If you have a scoped piece of work, an assessment idea, or a migration on the calendar and you want to see a real proposal, send the environment to /quote/ or start a conversation for the version where we just talk first.

Frequently asked

Fixed-fee or T&M, how do we decide?: Fixed-fee for work where the scope is well-understood and the risk profile is bounded -- network designs from a documented current state, firewall deployments against a defined ruleset, scoped assessments. T&M for work where the discovery is part of the engagement and locking the scope before the discovery is finished would force one side to absorb the wrong risk. We will recommend the right model in the SOW; you make the final call.
What is the typical lead time to start?: Two to three weeks for most engagements, longer for work that requires hardware procurement on long lead times. The first week is contracts and scheduling; the second is kickoff and discovery prep. For urgent work we can usually compress this, but compressed lead times forfeit a portion of the discovery quality, which we will flag explicitly in the SOW.
Do you subcontract the work or do you keep it in-house?: In-house. The same principal engineer who scopes the work delivers it. We do not body-shop your engagement to a downstream consultancy. For staff augmentation through our sister entity Kennedy Consulting we share the tiered rate card and consultant tiers transparently up front; you will know exactly who is on the engagement.

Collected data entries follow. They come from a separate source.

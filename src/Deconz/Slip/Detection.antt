-- ===== src/Deconz/Slip/Detection.antt =====
-- Which frames the checksum lets pass, in a release build.
use tophamm.Base.{
  ℕ, ◌+◌, ◌-◌, ◌*◌, ◌%◌, ◌^◌, ◌≡◌, ◌≢◌, ◌∙◌, ltb, ◌==◌, if◌then◌else◌, false, [], ◌∷◌, ◌++◌, Bytes,
  length, length-append, take-append, drop-append, IsU8, arith,
}
use tophamm.Base.Little.{from_le_bytes}
use tophamm.Outcome.{release, ok, err}
use tophamm.Deconz.Types.{mismatched_crc}
use tophamm.Deconz.Errors.{Result, from_slip}
use tophamm.Deconz.Slip.Checksum.{sum, crc16_release}
use tophamm.Deconz.Slip.Reader.{check_and_remove_crc}

sum-append : (xs ys : Bytes) → sum (xs ++ ys) ≡ sum xs + sum ys
unfolding sum
sum-append [] ys = omega arith
sum-append (x ∷ xs) ys = omega (arith, sum-append xs ys)

-- In a release build, a frame of bytes is accepted exactly if the sum of its data and the number
-- in its last two bytes come to a multiple of 65536; then its data comes back, and otherwise the
-- mismatch is reported.
pub check_accepts :
    (message : Bytes) (l h : ℕ)
    → IsU8 l
    → IsU8 h
    → check_and_remove_crc release (message ++ l ∷ h ∷ []) ≡ (
        if (sum message + (l + 256 * h)) % 2 ^ 16 == 0
        then ok message
        else err (from_slip mismatched_crc))
unfolding check_and_remove_crc from_le_bytes
check_accepts message l h hl hh =
    let (crc, e, fits, completes) = crc16_release message in
    rw (long, back, take-append message (l ∷ h ∷ []), drop-append message (l ∷ h ∷ []), e)
      (ground arith)
  where
    whole : length (message ++ l ∷ h ∷ []) ≡ length message + 2
    whole = omega (arith, length-append message (l ∷ h ∷ []))

    long : ltb (length (message ++ l ∷ h ∷ [])) 2 ≡ false
    long = ground (arith, whole)

    back : length (message ++ l ∷ h ∷ []) - 2 ≡ length message
    back = omega (arith, whole)

completes_of_ok :
    (message : Bytes) (n : ℕ) (r : Result Bytes)
    → r ≡ (if n == 0 then ok message else err (from_slip mismatched_crc))
    → r ≡ ok message
    → n ≡ 0
completes_of_ok message n r e k = ground arith

-- In a release build, in a frame of bytes that is accepted, any one byte of the data that is
-- changed on the way is noticed.
pub check_single_byte :
    (xs ys : Bytes) (b c l h : ℕ)
    → IsU8 b
    → IsU8 c
    → IsU8 l
    → IsU8 h
    → b ≢ c
    → check_and_remove_crc release ((xs ++ b ∷ ys) ++ l ∷ h ∷ []) ≡ ok (xs ++ b ∷ ys)
    → check_and_remove_crc release ((xs ++ c ∷ ys) ++ l ∷ h ∷ []) ≡ err (from_slip mismatched_crc)
unfolding sum
check_single_byte xs ys b c l h hb hc hl hh ne e =
    let passed =
      completes_of_ok (xs ++ b ∷ ys) ((sum (xs ++ b ∷ ys) + (l + 256 * h)) % 2 ^ 16) _
        (check_accepts (xs ++ b ∷ ys) l h hl hh) e in
    check_accepts (xs ++ c ∷ ys) l h hl hh
    ∙ ground (arith, passed, sum-append xs (b ∷ ys), sum-append xs (c ∷ ys))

What happens if the scope grows mid-engagement?: A change request, in writing, with a delta to the SOW that both sides sign. We do not run "while you are in there" work as silent T&M overages on top of a fixed-fee project. If something material surfaces during discovery (and on real engagements it usually does), we pause, document, and re-scope with you before continuing. The 15% risk buffer we carry in fixed-fee projects is for execution risk, not for absorbing un-scoped work.